Exposures and predictors

All medical parameters, that were available upon arrival of the medical emergency team and potentially influenced the decision whether to transport the patient, were used as predictors. These were gender, GCS at EMS arrival, first occurrence of a seizure, abuse of alcohol and, if the patient was still convulsing or had status epilepticus. Additionally, comorbidities and the circumstances surrounding the seizure such as traumatic brain injury, clinical signs of seizures (e.g. urinary incontinence, generalized seizure, signs of infection) or blood sugar levels requiring the administration of glucose were included into the analysis. The category ‘pre-existing cerebral damage’ was defined as patients with an existing brain tumor or metastases, intracranial hemorrhage and stroke, malformations or prior infantile brain damage. The condition "Traumatic brain injury" represents the reason for calling the emergency medical services. Out-of-hospital treatment was defined as the need for general anesthesia or securing the airway. The number of medications required was recorded. A high amount of administered medication or the need for general anesthesia was defined as complex initial care. In regards to the category ‘benzodiazepine administered’ we assumed an emergency physician to administer these only, if the physician considered the patient at risk for status epilepticus. Additional data about the necessity of hospitalization and the subsequent clinical course was only available for patients who were transported to the university hospital “Klinikum rechts der Isar” because of data protection regulations.

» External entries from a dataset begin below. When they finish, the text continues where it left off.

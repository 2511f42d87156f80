-- ===== src/Session/History/Effects.antt =====
-- What a history sets off: the completion of a session is published at most once.
use mathlib.Core.Path.{subst}
use tao_core_go.Prelude.{
  ℕ, ◌≤◌, Text, Bool, true, false, some, List, [], ◌∷◌, ◌≡◌, refl, sym, ◌∙◌, ap, ◌⊎◌, inl, inr,
  arith, ◌==◌, nat_eq, text_eq_instance, text_eq_iff, if◌then◌else◌, find, count, count-append,
  Bool-cases,
}
use tao_core_go.Prelude.Rows.{In, In-unique, In-find}
use tao_core_go.Float.{Float64}
use tao_core_go.Models.{in_progress, completed, status_eq_instance, TestSession}
use tao_core_go.Store.{Db, World, Result, ok}
use tao_core_go.Store.Faults.{Outcome, driver_failed, refused, succeeded}
use tao_core_go.Session.{Env}
use tao_core_go.Session.Lookup.{Loaded, owned}
use tao_core_go.Session.Submit.{
  Services, Effect, publish, dispatch, submit_grade, complete, notify, after_submit, submit_session,
}
use tao_core_go.Session.Submit.Outcome.{Refused, IsCompleted, Submitted, submit-Submits}
use tao_core_go.Session.Grading.{reread_row}
use tao_core_go.Session.Consistency.Invariant.{IsConsistent}
use tao_core_go.Session.History.{
  Call, start_call, save_call, submit_call, step, run, step-IsConsistent,
}
use tao_core_go.Session.History.Completed.{step-keeps}

module _ {F : Type 0} where
  -- The effect publishes the completion of the session of that id.
  unfoldable pub publishes : Text → Effect F → Bool
  publishes i (publish event loaded) = loaded.session.id == i
  publishes i (dispatch event session) = false
  publishes i (submit_grade session) = false

  -- The tables hold a completed session of that id.
  pub record HasCompleted (i : Text) (db : Db F) : Type 0 where
    pub row : TestSession F
    pub listed : In row db.sessions
    pub named : row.id ≡ i
    pub finished : row.status ≡ completed

  notify_count :
      (services : Services) (loaded : Loaded F) (i : Text)
      → count (publishes i) (notify services loaded) ≤ (if loaded.session.id == i then 1 else 0)
  unfolding notify publishes count
  notify_count services loaded i = ground arith

module _ {F : Type 0} ⦃float : Float64 F⦄ (fold : ℕ → ℕ) where
  -- What a call may publish of a session: nothing if it was completed, and else once if it is now.
  abbrev Publishes : Text → Db F → List (Effect F) → Db F → Type 0
  Publishes i db effects db' =
      (HasCompleted i db → count (publishes i) effects ≡ 0)
      × (count (publishes i) effects ≤ 1)
      × ((count (publishes i) effects ≡ 0) ⊎ HasCompleted i db')

  nothing : (i : Text) (db db' : Db F) → Publishes i db [] db'
  unfolding count
  nothing i db db' = (λ h. refl, omega arith, inl refl)

  module _ (env : Env) (sid uid : Text) (db : Db F) (c : IsConsistent db) where
    -- The session that is read again is the completed one.
    reread_completed :
        {loaded : Loaded F} {db' : Db F} (k : IsCompleted fold env sid uid db loaded db')
        → IsConsistent db'
        → HasCompleted loaded.session.id db' × (loaded.session.id ≡ k.session.id)
    unfolding complete
    reread_completed {loaded = loaded} k c' =
        let (again, one) = reread_row fold env sid uid k c' in
        (
          record {
            row = loaded.session;
            listed = again;
            named = refl;
            finished = subst (λ (s : TestSession F). s.status ≡ completed) one (ground arith);
          },
          sym (ap (λ x. x.id) one) ∙ ground arith,
        )

    -- A session in progress is not completed.
    not_yet :
        (s : TestSession F)
        → find (owned sid uid) db.sessions ≡ some s
        → s.status ≡ in_progress
        → (i : Text) → s.id ≡ i
        → HasCompleted i db
        → ⊥
    not_yet s found active i e h =
        let one : h.row ≡ s =
          In-unique (λ (r : TestSession F). r.id == i) db.sessions h.row s (c.session_ids i)
            h.listed (In-find (owned sid uid) db.sessions s found) ((text_eq_iff _ _).1 h.named)
            ((text_eq_iff _ _).1 e) in
        ground (arith, h.finished, active, one)

    Submitted-Publishes :
        (services : Services) (i : Text) (loaded : Loaded F) (did_complete : Bool) (db' : Db F)
        → Submitted fold env sid uid db (loaded, did_complete) db'
        → IsConsistent db'
        → Publishes i db (after_submit services (ok (loaded, did_complete))).1 db'
    unfolding after_submit
    Submitted-Publishes services i loaded true db' k c' =
        let (now_completed, same) = reread_completed k c' in
        let once = notify_count services loaded i in
        elim (Bool-cases (loaded.session.id == i)) [
          | inl here ↦
              let e : loaded.session.id ≡ i = (text_eq_iff _ _).0 here in
              (
                λ h. absurd (not_yet k.session k.found k.active i (sym same ∙ e) h),
                omega (arith, rw here at once),
                inr (subst (λ j. HasCompleted j db') e now_completed),
              )
          | inr other ↦
              let none_here : count (publishes i) (notify services loaded) ≡ 0 =
                omega (arith, rw other at once) in
              (λ h. none_here, omega arith, inl none_here)
        ]
    Submitted-Publishes services i loaded false db' k c' = nothing i db db'

    Submits-Publishes :
        (services : Services) (i : Text) (r : Result (Loaded F × Bool)) (db' : Db F)
        → Outcome db (Refused fold env sid uid db) (Submitted fold env sid uid db) r db'
        → IsConsistent db'
        → Publishes i db (after_submit services r).1 db'
    unfolding after_submit
    Submits-Publishes services i r db' driver_failed c' = nothing i db db
    Submits-Publishes services i r db' (refused e q) c' = nothing i db db
    Submits-Publishes services i r db' (succeeded (loaded, did_complete) _ k) c' =
        Submitted-Publishes services i loaded did_complete db' k c'

  step-Publishes :
      (i : Text) (call : Call) (w : World F)
      → IsConsistent w.db
      → Publishes i w.db (step fold call w).0 (step fold call w).1.db
  unfolding step submit_session
  step-Publishes i (start_call env d u) w c = nothing i w.db _
  step-Publishes i (save_call env sid uid iid answer) w c = nothing i w.db _
  step-Publishes i (submit_call services env sid uid) w c =
      Submits-Publishes env sid uid w.db c services i _ _ (submit-Submits fold env sid uid w)
        (step-IsConsistent fold (submit_call services env sid uid) w c)

  -- A completed session publishes nothing.
  pub run-publishes_nothing :
      (i : Text) (calls : List Call) (w : World F)
      → IsConsistent w.db
      → HasCompleted i w.db
      → count (publishes i) (run fold calls w).0 ≡ 0
  unfolding run count
  run-publishes_nothing i [] w c h = refl
  run-publishes_nothing i (call ∷ calls) w c h =
      let (effects, w') = step fold call w in
      let still : HasCompleted i w'.db = record {
        row = h.row;
        listed = step-keeps h.row h.finished fold call w c h.listed;
        named = h.named;
        finished = h.finished;
      } in
      let later = run-publishes_nothing i calls w' (step-IsConsistent fold call w c) still in
      omega (
        arith,
        count-append (publishes i) effects (run fold calls w').0,
        (step-Publishes i call w c).0 h,
        later,
      )

  -- In any history over consistent tables the completion of a session is published at most once,
  -- whatever is submitted again and whatever the driver does.
  pub run-publishes_once :
      (i : Text) (calls : List Call) (w : World F)
      → IsConsistent w.db
      → count (publishes i) (run fold calls w).0 ≤ 1
  unfolding run count
  run-publishes_once i [] w c = omega arith
  run-publishes_once i (call ∷ calls) w c =
      let (effects, w') = step fold call w in
      let c' = step-IsConsistent fold call w c in
      let later = run-publishes_once i calls w' c' in
      let split = count-append (publishes i) effects (run fold calls w').0 in
      let (_, once, or_completed) = step-Publishes i call w c in
      elim or_completed [
        | inl silent ↦ omega (arith, split, silent, later)
        | inr done ↦ omega (arith, split, once, run-publishes_nothing i calls w' c' done)
      ]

In a second analysis, we examined the trajectory of patients who were admitted to our hospital regarding their hospital length of stay and mortality.

Statistical analysis

Statistical analyses were performed using R Version 4.0.5. Continuous data are described by median (interquartile range from quartile 25% to quartile 75%), and categorical data by absolute and relative frequencies. Data were analyzed using a chi-square or Mann–Whitney U test for categorical and continuous variables, respectively. A multivariate logistic regression model with all univariate significant variables obtained through medical history and initial survey of the patient was calculated. For comparison of hospital length of stay of transported patients log rank tests were used and presented using Kaplan Meier Curves. A two-sided p value of less than 0.05 was considered statistically significant, correction for multiple testing was performed using Bonferroni method.